Actually, I am curious to the answer to your question. My puppy is just about 4 months now, and I wonder how her chewing habits might change since I am assuming she is not teething yet but rather just having fun with her toys. How much worse might the chewing get? Other behaviors that you saw that changed?


----------



## BamBam (Feb 14, 2010)

My puppy is 4.5months and currently teething. She is trying to chew things more than usual and sometimes when chewing she is whining. Also I am finding her teeth about the house. I am giving her frozen carrots and kongs to soothe her. Other than this I haven't noticed any other changes in behaviour. She is my 2nd Vizsla, and I didn't notice any change in behaviour (other than wanting to chew more) in my first Vizsla either.


----------



## sledaddict73 (Mar 1, 2011)

Our puppy Bella is 6 months old and she started teething about 4 months.

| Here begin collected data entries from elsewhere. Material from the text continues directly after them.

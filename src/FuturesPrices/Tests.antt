-- ===== src/FuturesPrices/Tests.antt =====
-- The download of futures candles from a server that sends at most two candles at a time.
use mexc_cpp_api.Base.{
  ℕ, suc, ◌+◌, ◌*◌, ◌≡◌, refl, sym, ap, ◌∙◌, inl, inr, List, [], ◌∷◌, ◌++◌, Option, some, Outcome,
  ok, All, length, arith, Bool-cases, leb, drop_last, filter, if◌then◌else◌,
}
use mexc_cpp_api.Base.Int.{ℤ, pos, quot, leb_ℤ, ◌-ℤ◌, ◌≤ℤ◌, ◌<ℤ◌}
use mexc_cpp_api.FuturesPrices.{get_historical_prices, pages}
use mexc_cpp_api.FuturesPrices.Complete.{Serves, Spaced, seconds, get_historical_prices_complete}
use mexc_cpp_api.FuturesPrices.Ends.{PageInTime, InTime, get_historical_prices_ends}

-- A candle is its time.
abbrev time : ℤ → ℤ
time c = c

abbrev newest_two : List ℤ → List ℤ
newest_two [] = []
newest_two (c ∷ cs) = if leb (length cs) 1 then c ∷ cs else newest_two cs

abbrev up_to : ℤ → List ℤ → List ℤ
up_to end_time = filter λ c. leb_ℤ (seconds time c) end_time

abbrev held : List ℤ
held = pos 60_000 ∷ pos 120_000 ∷ pos 180_000 ∷ pos 240_000 ∷ pos 300_000 ∷ []

-- The world counts the pages, and the writer counts the candles.
abbrev fetch : ℤ → ℤ → ℕ → Outcome (List ℤ) × ℕ
fetch start_time end_time w = (ok (newest_two (up_to end_time held)), w + 1)

abbrev writer : Option (List ℤ → ℕ → ℕ)
writer = some λ candles w. w + 100 * length candles

downloads :
    get_historical_prices time fetch writer 5 (pos 10) (pos 400) 0
    ≡ some (ok (pos 60_000 ∷ pos 120_000 ∷ pos 180_000 ∷ pos 240_000 ∷ []), 504)
unfolding get_historical_prices pages ◌-ℤ◌ quot
downloads = refl

newest_two-split : (cs : List ℤ) → (rest : List ℤ) × (rest ++ newest_two cs ≡ cs)
newest_two-split [] = ([], refl)
newest_two-split (c ∷ cs) = elim (Bool-cases (leb (length cs) 1)) [
  | inl few ↦ ([], rw few)
  | inr many ↦ let (rest, e) = newest_two-split cs in (c ∷ rest, rw many (ap (◌∷◌ c) e))
]

newest_two-nil : (cs : List ℤ) → newest_two cs ≡ [] → cs ≡ []
newest_two-nil [] e = refl
newest_two-nil (c ∷ []) e = e
newest_two-nil (c ∷ d ∷ cs) e = elim (Bool-cases (leb (suc (length cs)) 1)) [
  | inl few ↦ rw few at e
  | inr many ↦ let no : d ∷ cs ≡ [] = newest_two-nil (d ∷ cs) (rw many at e) in cc
]

up_to-split :
    (end_time : ℤ) (older newer : List ℤ)
    → All (λ c. seconds time c ≤ℤ end_time) older
    → All (λ c. end_time <ℤ seconds time c) newer
    → up_to end_time (older ++ newer) ≡ older
up_to-split end_time [] [] a b = refl
up_to-split end_time [] (d ∷ newer) a b = ground (arith, up_to-split end_time [] newer tt b.1)
up_to-split end_time (c ∷ older) newer a b = ground (arith, up_to-split end_time older newer a.1 b)

fetch-Serves : Serves time (pos 10) held fetch
fetch-Serves = record {
  answers = λ end_time older newer w e a b.
      let kept : up_to end_time held ≡ older =
        ap (up_to end_time) (sym e) ∙ up_to-split end_time older newer a b in
      let (rest, split) = newest_two-split older in
      (
        rest,
        newest_two older,
        w + 1,
        split,
        ap (λ cs. (ok (newest_two cs), w + 1)) kept,
        newest_two-nil older,
      );
}

held-Spaced : Spaced time held
unfolding quot
held-Spaced = omega arith

get_historical_prices_complete_example :
    (w' : ℕ) × (get_historical_prices time fetch writer 5 (pos 10) (pos 400) 0
      ≡ some (ok (drop_last held), w'))
unfolding quot
get_historical_prices_complete_example =
    get_historical_prices_complete time (pos 10) held fetch writer fetch-Serves held-Spaced
      (omega arith) 5 (pos 400) 0 (omega arith) (omega arith) (omega arith)

newest_two-All : (P : ℤ → Type 0) (cs : List ℤ) → All P cs → All P (newest_two cs)
newest_two-All P [] a = tt
newest_two-All P (c ∷ cs) a = ground (arith, newest_two-All P cs a.1)

up_to-All : (end_time : ℤ) (cs : List ℤ) → All (λ c. seconds time c ≤ℤ end_time) (up_to end_time cs)
up_to-All end_time [] = tt
up_to-All end_time (c ∷ cs) = ground (arith, up_to-All end_time cs)

InTime-of_All :
    (end_time : ℤ) (cs : List ℤ)
    → All (λ c. seconds time c ≤ℤ end_time) cs
    → InTime time fetch writer end_time cs
InTime-of_All end_time [] a = tt
InTime-of_All end_time (c ∷ cs) a = a.0

fetch-in_time :
    (end_time : ℤ) (w : ℕ) → PageInTime time fetch writer end_time (fetch (pos 10) end_time w)
fetch-in_time end_time w =
    InTime-of_All end_time _ (newest_two-All _ (up_to end_time held) (up_to-All end_time held))

get_historical_prices_ends_example :
    (o : Outcome (List ℤ) × ℕ) × (get_historical_prices time fetch writer 390 (pos 10) (pos 400) 0
      ≡ some o)
get_historical_prices_ends_example =
    get_historical_prices_ends time fetch writer (pos 10) fetch-in_time 390 (pos 400) 0
      (omega arith)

She was always a chewer and has destroyed SO many toys. She was never a destructive chewer (furniture nor humans) but always was gnawing on something. We even found 5 teeth of hers! Kind of neat.....

I don't think he is too young to be teething and I would just suggest having plenty of good toys to keep him occupied!  
Good luck......


----------



## Linescreamer (Sep 28, 2010)

All normal stuff. Sometimes they get nuts for a few hours like they are possessed! ;D


----------